Problem: Anomaly detector flagged every new vendor as suspicious Solution: Changed logic: Flag only if new vendor AND amount >£500 Result: False positive rate: 42% → 8%

Challenge 4: Finance team resistance

Problem: Team initially skeptical -"AI will make mistakes, I'll have to fix them anyway" Solution:

  • Ran shadow mode for 2 weeks -showed 96% accuracy matches human performance
  • Positioned as "handles boring stuff, you focus on complex cases"
  • No headcount reduction (redeployed to financial analysis)

Result: Full buy-in after shadow mode demonstration

Key Lessons Learned

1. Historical data is gold

Access to 2+ years labeled transactions enabled fine-tuning. Companies without historical data should start with RAG or zero-shot and gradually build labeled dataset.

2. Start with high-confidence only

Week 1 of production: Only auto-categorized transactions with ≥95% confidence (40% of volume). Gradually lowered threshold to 85% as team gained trust.

3. Anomaly detection requires domain rules

Pure LLM anomaly detection had 38% false positive rate. Hybrid approach (LLM + rule-based checks) reduced to 8%.

4. Parallel execution worth the complexity

3x speedup (6s → 2s) made user experience dramatically better. Implementation took extra 2 weeks but paid off.

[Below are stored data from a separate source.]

-- ===== src/Cbor/Decode/RoundTrip/Ordered.antt =====
-- What comes back of a value: the same value, each of its maps in the canonical order of its keys.
use mathlib.Core.List.{Permᴰ}
use aafp_go.Base.{◌≡◌, refl, Bytes, List, [], ◌∷◌, ◌++◌, length, All, ok}
use aafp_go.Base.Int.{ℤ}
use aafp_go.Cbor.{
  Value, Items, IntEntries, StrEntries, unsigned, negative, byte_string, text_string, array,
  int_map, str_map, boolean, null, no_items, item, no_ints, int_entry, no_strs, str_entry, Limits,
  to_int_entries,
}
use aafp_go.Cbor.Encode.{encode, sort_entries, int_key_less, str_key_less}
use aafp_go.Cbor.Encode.Keys.{
  IntBefore, StrBefore, int_key_less-IntBefore, IntBefore-trans, str_key_less-StrBefore,
  StrBefore-trans,
}
use aafp_go.Cbor.Decode.{decode}
use aafp_go.Cbor.Decode.RoundTrip.Shape.{
  canon, canon_items, canon_ints, canon_strs, str_map_of, Fits, FitsItems, FitsInts, FitsStrs,
  IsInt64,
}
use aafp_go.Cbor.Decode.RoundTrip.Sorting.{Ascends, sort_entries-permutes, sort_entries-Ascends}
use aafp_go.Cbor.Decode.RoundTrip.Parts.{Room}
use aafp_go.Cbor.Decode.RoundTrip.Fuel.{cbor_decode-encode}

-- The second value is the first with the entries of each map, at every level, in the order of their
-- keys; an empty map with text keys has become one with integer keys.
abbrev mutual
  pub IsOrdering : Value → Value → Type 0
  IsOrdering (unsigned n) w = w ≡ unsigned n
  IsOrdering (negative n) w = w ≡ negative n
  IsOrdering (byte_string b) w = w ≡ byte_string b
  IsOrdering (text_string s) w = w ≡ text_string s
  IsOrdering (array xs) w = (ys : Items) × (w ≡ array ys) × ItemsOrdering xs ys
  IsOrdering (int_map es) w =
      (fs : List (ℤ × Value)) × (gs : List (ℤ × Value)) × IntsOrdering es gs
      × Permᴰ fs gs
      × Ascends IntBefore fs
      × (w ≡ int_map (to_int_entries fs))
  IsOrdering (str_map es) w =
      (fs : List (Bytes × Value)) × (gs : List (Bytes × Value)) × StrsOrdering es gs
      × Permᴰ fs gs
      × Ascends StrBefore fs
      × (w ≡ str_map_of fs)
  IsOrdering (boolean b) w = w ≡ boolean b
  IsOrdering null w = w ≡ null

  pub ItemsOrdering : Items → Items → Type 0
  ItemsOrdering no_items ys = ys ≡ no_items
  ItemsOrdering (item v xs) ys =
      (w : Value) × (zs : Items) × (ys ≡ item w zs) × IsOrdering v w × ItemsOrdering xs zs

  pub IntsOrdering : IntEntries → List (ℤ × Value) → Type 0
  IntsOrdering no_ints gs = gs ≡ []
  IntsOrdering (int_entry k v es) gs =
      (w : Value) × (hs : List (ℤ × Value)) × (gs ≡ (k, w) ∷ hs)
      × IsOrdering v w
      × IntsOrdering es hs

  pub StrsOrdering : StrEntries → List (Bytes × Value) → Type 0
  StrsOrdering no_strs gs = gs ≡ []
  StrsOrdering (str_entry k v es) gs =
      (w : Value) × (hs : List (Bytes × Value)) × (gs ≡ (k, w) ∷ hs)
      × IsOrdering v w
      × StrsOrdering es hs

keys-IsInt64 : (es : IntEntries) → FitsInts es → All (λ p. IsInt64 p.0) (canon_ints es)
unfolding canon
keys-IsInt64 no_ints h = tt
keys-IsInt64 (int_entry k v es) h = (h.0, keys-IsInt64 es h.2)

any_keys : (es : List (Bytes × Value)) → All (λ p. Unit {0}) es
any_keys [] = tt
any_keys (e ∷ es) = (tt, any_keys es)

mutual
  unfolding canon

  canon-IsOrdering : (v : Value) → Fits v → IsOrdering v (canon v)
  canon-IsOrdering (unsigned n) h = refl
  canon-IsOrdering (negative n) h = refl
  canon-IsOrdering (byte_string b) h = refl
  canon-IsOrdering (text_string s) h = refl
  canon-IsOrdering (array xs) h = (canon_items xs, refl, canon_items-Ordering xs h)
  canon-IsOrdering (int_map es) h = (
    sort_entries int_key_less (canon_ints es),
    canon_ints es,
    canon_ints-Ordering es h,
    sort_entries-permutes int_key_less (canon_ints es),
    sort_entries-Ascends int_key_less IntBefore IsInt64 int_key_less-IntBefore IntBefore-trans
        (canon_ints es) (keys-IsInt64 es h),
    refl,
  )
  canon-IsOrdering (str_map es) h = (
    sort_entries str_key_less (canon_strs es),
    canon_strs es,
    canon_strs-Ordering es h,
    sort_entries-permutes str_key_less (canon_strs es),
    sort_entries-Ascends str_key_less StrBefore (λ k. Unit {0})
        (λ a b _ _. str_key_less-StrBefore a b) StrBefore-trans (canon_strs es)
        (any_keys (canon_strs es)),
    refl,
  )
  canon-IsOrdering (boolean b) h = refl
  canon-IsOrdering null h = refl

  canon_items-Ordering : (xs : Items) → FitsItems xs → ItemsOrdering xs (canon_items xs)
  canon_items-Ordering no_items h = refl
  canon_items-Ordering (item v xs) h =
      (canon v, canon_items xs, refl, canon-IsOrdering v h.0, canon_items-Ordering xs h.1)

  canon_ints-Ordering : (es : IntEntries) → FitsInts es → IntsOrdering es (canon_ints es)
  canon_ints-Ordering no_ints h = refl
  canon_ints-Ordering (int_entry k v es) h =
      (canon v, canon_ints es, refl, canon-IsOrdering v h.1, canon_ints-Ordering es h.2)

  canon_strs-Ordering : (es : StrEntries) → FitsStrs es → StrsOrdering es (canon_strs es)
  canon_strs-Ordering no_strs h = refl
  canon_strs-Ordering (str_entry k v es) h =
      (canon v, canon_strs es, refl, canon-IsOrdering v h.0, canon_strs-Ordering es h.1)

-- `Decode` reads every value back from its encoding, whatever bytes follow it, and takes just the
-- encoding. The value comes back with the entries of each map, at every level, in order: integer keys
-- from 0 upwards and then from -1 downwards, text keys the shorter first and those of one length by
-- their bytes. An empty map with text keys comes back as an empty map with integer keys. The value's
-- numbers fit their Go types, and the input is no longer than an int and than the slices that `make`
-- can allocate.
pub decode-encode-IsOrdering :
    (limits : Limits) (v : Value) (rest : Bytes)
    → Fits v
    → Room limits (length (encode v ++ rest))
    → (decode limits (encode v ++ rest) ≡ ok (canon v, length (encode v))) × IsOrdering v (canon v)
decode-encode-IsOrdering limits v rest h room =
    (cbor_decode-encode limits v rest h room, canon-IsOrdering v h)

5. Monthly accuracy reviews essential

Ramp reviews 100 random transactions monthly to ensure accuracy hasn't degraded. Found minor drift after 3 months (96% → 93%), retrained model, back to 96%.

Replication Guide

To implement similar system:

Requirements:

  • 10,000+ historical labeled transactions (for fine-tuning) OR start with RAG
  • API access to expense system (Ramp, Brex, Expensify, etc.)
  • API access to accounting system (QuickBooks, Xero, NetSuite)

Timeline:

  • With fine-tuning: 10-14 weeks
  • With RAG: 6-8 weeks

Team:

  • 1-2 engineers (full-time for 8-12 weeks)
  • 1 finance lead (25% time for requirements and validation)

Cost:

  • Engineering: £40K-60K
  • Training (if fine-tuning): £1,500-3,000
  • Ongoing API costs: £800-1,500/month (for 50K transactions)

Expected Results:

  • 75-85% automation rate
  • 90-96% accuracy (with iteration)
  • 10-15 hours/week saved
  • 3-6 month payback period

Conclusion

Ramp's expense automation agent demonstrates that AI agents can reliably handle high-volume, judgment-based workflows when implemented thoughtfully.

Key success factors:

  • Sufficient training data (50K labeled examples)
  • Human-in-the-loop for edge cases
  • Parallel execution for performance
  • Continuous monitoring and retraining

If you're considering similar automation: Start with shadow mode, measure accuracy rigorously, and expand autonomy gradually as trust builds.

The technology works. The challenge is implementation discipline.